GRC Data Lake Best Practices 1

This is a continuation of the prior article from Joe McKendrick; Big Data Quarterly Spring 2016; Best Practices Series and Calming the Turbulent Waters of Data Lakes. We have added into his original text some GRC aspects that highlight his basic concepts, but without changing his emphasis or content of the various best practices:

1.) Think Long Term

The advantage that data lakes offer is the ability to keep data at the ready for applications and queries that have yet to be designed. The bottom line is no one knows what data will be valuable in 5 years, or how it might be used. There may be entirely new business lines built around data that is currently being cast aside in today's envionments. As a result, data needs to be maintained and stored for purposes and applications that have yet to be determined. Some data will be needed immediately, while other data will need to be stored. To see this through, enterprise input is essential to identify those information areas that decision makers (like the Chief Audit Executive, Chief Risk Officer, Chief Compliance Officer, General Counsel, CFO, etc.) see as having potential.

2.) View Data Lakes as a Business Growth Opportunity Versus a Cost-Saving Measure

As with any major IT initiative, cost-savings drive many data lakes initiatives. However, the value will ultimately be realized in the potential avenues it offers for business growth. We need to translate how GRC fits into this equation as the next frontier for data lakes is providing organizations with greatly enhanced analytical opportunities. (Note: that is why the GRC Sphere has put such an emphasis on analytical models for GRC functions and roles no matter where they may exist around the enterprise.) The analytics made possible by large stores of information in data lakes facititates customer relationship management, predictive analytics, preventive maintenance, fraud detection, Continuous Control Monitoring, Continuous Auditing, and a range of other GRC applications.
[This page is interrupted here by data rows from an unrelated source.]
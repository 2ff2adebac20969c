-- ===== src/Tests/Prompt.antt =====
-- The schema's text and its parts on the fleet.
use querylynx.Base.{◌≡◌, refl, [], ◌∷◌}
use querylynx.Strings.{codes}
use querylynx.Strings.Names.{contains}
use querylynx.Schema.{table_names}
use querylynx.Prompt
use querylynx.Prompt.Subset.{select, subset-select}
use querylynx.Tests.Fleet.{fleet, vehicles}
use querylynx.Tests.Running.{run_sql}

schema_vehicles :
    Prompt.schema (record { database_name = []; tables = vehicles ∷ [] })
    ≡ codes "Table vehicles (12 rows):\n  - id integer\n  - status text NULL [e.g. active, idle]\n"
unfolding run_sql
schema_vehicles = refl

subset_trips :
    table_names (Prompt.subset fleet (codes "Trips" ∷ codes "x" ∷ [])).tables ≡ codes "Trips" ∷ []
unfolding run_sql
subset_trips = refl

subset-select_example : Prompt.subset fleet (codes "Trips" ∷ []) ≡ record {
  database_name = fleet.database_name;
  tables = select (λ t. contains (codes "Trips" ∷ []) t.name) fleet.tables;
}
subset-select_example = subset-select fleet (codes "Trips" ∷ [])
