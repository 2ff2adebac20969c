-- ===== src/Tests/Rag.antt =====
-- The router on concrete answers of the model.
use querylynx.Base.{true, ok, err, ◌≡◌, refl, arith, List, [], ◌∷◌, ◌++◌, ◌⊎◌, ◌&&◌, All, map}
use querylynx.Strings.{Text, codes, to_lower}
use querylynx.Strings.Names.{contains, IsDistinct}
use querylynx.Json.Plain.{array}
use querylynx.Schema.{table_names}
use querylynx.Context.{background}
use querylynx.Rag.{no_tables, no_array, filter_known, parse_table_list, route, routing_prompt}
use querylynx.Rag.Known.{lookup_key, filter_known_sound, filter_known-keys}
use querylynx.Rag.Route.{IsRoute, CallFails, route-IsRoute, route-errors, parse_table_list-array}
use querylynx.Tests.Fleet.{fleet, Script, scripted}
use querylynx.Tests.Running.{run_rag}

abbrev asked : List Text
asked = codes " TRIPS" ∷ codes "ghosts" ∷ codes "Trips" ∷ codes "vehicles" ∷ []

filter_known-asked : filter_known asked fleet ≡ codes "Trips" ∷ codes "vehicles" ∷ []
unfolding run_rag
filter_known-asked = refl

filter_known_sound_example :
    All (λ n. contains (table_names fleet.tables) n ≡ true) (filter_known asked fleet)
    × IsDistinct (filter_known asked fleet)
filter_known_sound_example = filter_known_sound asked fleet

filter_known-keys_example : contains (map to_lower (filter_known asked fleet)) (codes "trips") ≡ (
    contains (map lookup_key asked) (codes "trips")
    && contains (map to_lower (table_names fleet.tables)) (codes "trips"))
filter_known-keys_example = filter_known-keys asked fleet (codes "trips")

abbrev answers : Script
answers = ok (codes "Sure: [\"trips\"]. Good?") ∷ []

route_answers :
    route scripted background answers (codes "how far?") fleet ≡ (ok (codes "Trips" ∷ []), [])
unfolding run_rag
route_answers = refl

route_prose :
    (route scripted background (ok (codes "none of them") ∷ []) (codes "how far?") fleet).0
    ≡ err no_array
unfolding run_rag
route_prose = refl

-- Only names that are unknown: every table is taken.
route_unknown :
    (route scripted background (ok (codes "[\"ghosts\"]") ∷ []) (codes "how far?") fleet).0
    ≡ ok (codes "vehicles" ∷ codes "Trips" ∷ [])
unfolding run_rag
route_unknown = refl

route-IsRoute_example : IsRoute fleet (codes "Trips" ∷ [])
route-IsRoute_example =
    route-IsRoute scripted background answers (codes "how far?") fleet (unfold run_rag in refl)

route-errors_example :
    ((fleet.tables ≡ [])
      × (no_array ≡ no_tables)
      × ((route scripted background (ok (codes "no") ∷ []) (codes "?") fleet).1
          ≡ ok (codes "no") ∷ []))
    ⊎ CallFails
        (scripted.generate background (ok (codes "no") ∷ []) (routing_prompt (codes "?") fleet)).0
        no_array
route-errors_example =
    route-errors scripted background (ok (codes "no") ∷ []) (codes "?") fleet no_array
      (unfold run_rag in refl)

parse_table_list-array_example :
    parse_table_list (codes "Tables: " ++ (array (codes "a" ∷ codes "b" ∷ []) ++ codes " (two)"))
    ≡ ok (codes "a" ∷ codes "b" ∷ [])
parse_table_list-array_example =
    parse_table_list-array (codes "Tables: ") (codes " (two)") (codes "a" ∷ codes "b" ∷ [])
      (unfold run_rag in ground arith) (unfold run_rag in ground arith)
      (unfold run_rag in ground arith)
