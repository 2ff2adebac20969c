-- ===== src/Tests/Redact.antt =====
-- Connection strings as they are shown.
use querylynx.Base.{Option, none, ◌++◌, ◌≡◌, refl, inr}
use querylynx.Strings.{Text, codes}
use querylynx.Connector.Redact.{Url, redact_pairs, redact_dsn}
use querylynx.Connector.Redact.Hides.{redact_dsn-pair}
use querylynx.Tests.Running.{run_redact}

abbrev no_url : Text → Option Url
no_url dsn = none

redact_dsn_pairs :
    redact_dsn no_url (codes "host=h PASSWORD=secret db=x password= y")
    ≡ codes "host=h PASSWORD=*** db=x password= y"
unfolding run_redact
redact_dsn_pairs = refl

redact_dsn-pair_example :
    redact_dsn no_url (codes "host=h Password=secret db=x")
    ≡ redact_pairs (codes "host=h ") ++ (codes "Password=***" ++ redact_pairs (codes " db=x"))
unfolding run_redact
redact_dsn-pair_example =
    redact_dsn-pair no_url (codes "host=h ") (codes "Password=") (codes "ecret") (codes " db=x")
      b's' tt (inr (codes "host=h", refl)) (inr (codes "db=x", refl)) refl refl
      (refl, (refl, (refl, (refl, (refl, tt)))))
The fact that GRC Sphere sees "holistic GRC" as a revenue opportunity (once it is converged with the everyday business model) goes hand-in-hand with industry-driven crowdsourcing and benchmarking and this new way's-of-thinking needs to be a part of your GRC data lake strategy. In essence, GRC is rapidly changing to reflect work excellence and embrace a variety of work practices (i.e. way's-of-working) that are at the heart of business transformation.

3.) Implement Sound Data Governance

Data governance is just as important to GRC data lakes as it has been to data warehousing and other big data projects in recent years. The GRC data lake is increasingly recognized as both a viable and compelling componentwithin a data strategy, with companies large and small continuing to move towards adoption. Governance is the key challenge to data lakes, cited by 71% of respondents in the Unisphere Research survey.

When data lakes first appeared on the scene, they were catch-alls for structured and unstructured data, even though the data might not have been useful at the moment. As applications and functions are developed, custom adjustments or recoding is performed to meet the requirements of the situation. However, organizations may not have the data talent to address theur requirements on an ever-increasing scale. Data lakes are, from the start, an enterprise project that requires enterprise input and ownership.

Summary for Part I

The key question is how GRC professionals can help to not only create a vision for a GRC data lake but, in parallel, assist the entire enterprise in understanding how to go about adopting and leveraging new data lake technologies and analytics for industry-driven crowdsourcing and benchmarking (which is the embodiment of GRC Sphere's closed-loop control architecture for performance management).